| Your task |
Would you give the number of lines in the entries that contain the word "here"? Nothing else is needed.

Source records:
-- ===== src/MessageQueue/Broadcast/Tests.antt =====
-- Runs of the queue of Lab24/main.c.
use os_posix.Prelude.{
  ◌≤◌, ◌≡◌, refl, true, false, none, [], ◌∷◌, ◌++◌, arith, length, take, ℕ_discrete,
}
use mathlib.Core.List.{map}
use os_posix.MessageQueue.Cells.{Heap, Cells, texts}
use os_posix.MessageQueue.Spec.{Spec, spec_put, spec_get}
use os_posix.MessageQueue.Broadcast.{
  limit, width, mymsginit, mymsqdrop, link, mymsgput, unlink, mymsgget,
}
use os_posix.MessageQueue.Broadcast.Refine.{
  Refines, mymsgput-Refines, mymsgget-Refines, mymsginit-Represents, mymsqdrop-Represents,
}
use os_posix.MessageQueue.Broadcast.Chains.{IsChain}
use os_posix.MessageQueue.Broadcast.Threads.{
  System, put_sleeps, get_sleeps, puts, gets, Reach, here, next,
}
use os_posix.MessageQueue.Broadcast.Delivery.{delivered_in_order, no_lost_wakeup}

abbrev empty_heap : Heap
empty_heap p = none

abbrev empty : Spec
empty = record { items = []; dropped = false }

mymsgput-Refines_example :
    Refines (mymsgput 7 (65 ∷ []) (mymsginit empty_heap)) (spec_put limit width (65 ∷ []) empty)
unfolding mymsginit
mymsgput-Refines_example =
    mymsgput-Refines 7 (65 ∷ []) (mymsginit empty_heap) empty (ground arith)
      (mymsginit-Represents empty_heap)

mymsgget-Refines_example :
    Refines
      (mymsgget 41 (mymsqdrop (mymsginit empty_heap)))
      (spec_get 41 (record { items = []; dropped = true }))
mymsgget-Refines_example =
    mymsgget-Refines 41 (mymsqdrop (mymsginit empty_heap)) (record { items = []; dropped = true })
      (mymsqdrop-Represents (mymsginit empty_heap) empty (mymsginit-Represents empty_heap))

-- Thread 1 finds the queue empty; thread 0 then puts two messages, and thread 2 gets one.
abbrev two_puts : (s : System) × Reach 41 s
unfolding mymsginit mymsgput link mymsgget unlink ℕ_discrete
two_puts = (
  _,
  next
      (next (next (next (here empty_heap) (gets 1 refl)) (puts 0 7 (65 ∷ []) refl (ground arith)))
        (puts 0 9 (66 ∷ 67 ∷ []) refl (ground arith)))
      (gets 2 refl),
)

one_left : (two_puts.0.got_log ≡ (65 ∷ []) ∷ []) × (two_puts.0.queue.head ≡ 9)
unfolding mymsginit mymsgput link mymsgget unlink ℕ_discrete
one_left = (refl, refl)

delivered_in_order_example :
    (cs : Cells) × IsChain two_puts.0.queue cs
    × (two_puts.0.faulted ≡ false)
    × (length cs ≤ limit)
    × (map (take 41) (map (take 80) two_puts.0.put_log)
        ≡ map (take 41) (texts cs) ++ two_puts.0.got_log)
delivered_in_order_example = delivered_in_order two_puts.1

abbrev one_sleeps : (s : System) × Reach 41 s
unfolding mymsginit mymsgget ℕ_discrete
one_sleeps = (_, next (here empty_heap) (gets 1 refl))

no_lost_wakeup_example :
    (one_sleeps.0.sleep 1 ≡ put_sleeps
      → (one_sleeps.0.queue.mes_count ≡ limit) × (one_sleeps.0.queue.is_droped ≡ false))
    × (one_sleeps.0.sleep 1 ≡ get_sleeps
        → (one_sleeps.0.queue.mes_count ≡ 0) × (one_sleeps.0.queue.is_droped ≡ false))
no_lost_wakeup_example = no_lost_wakeup one_sleeps.1 1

| Response area |
3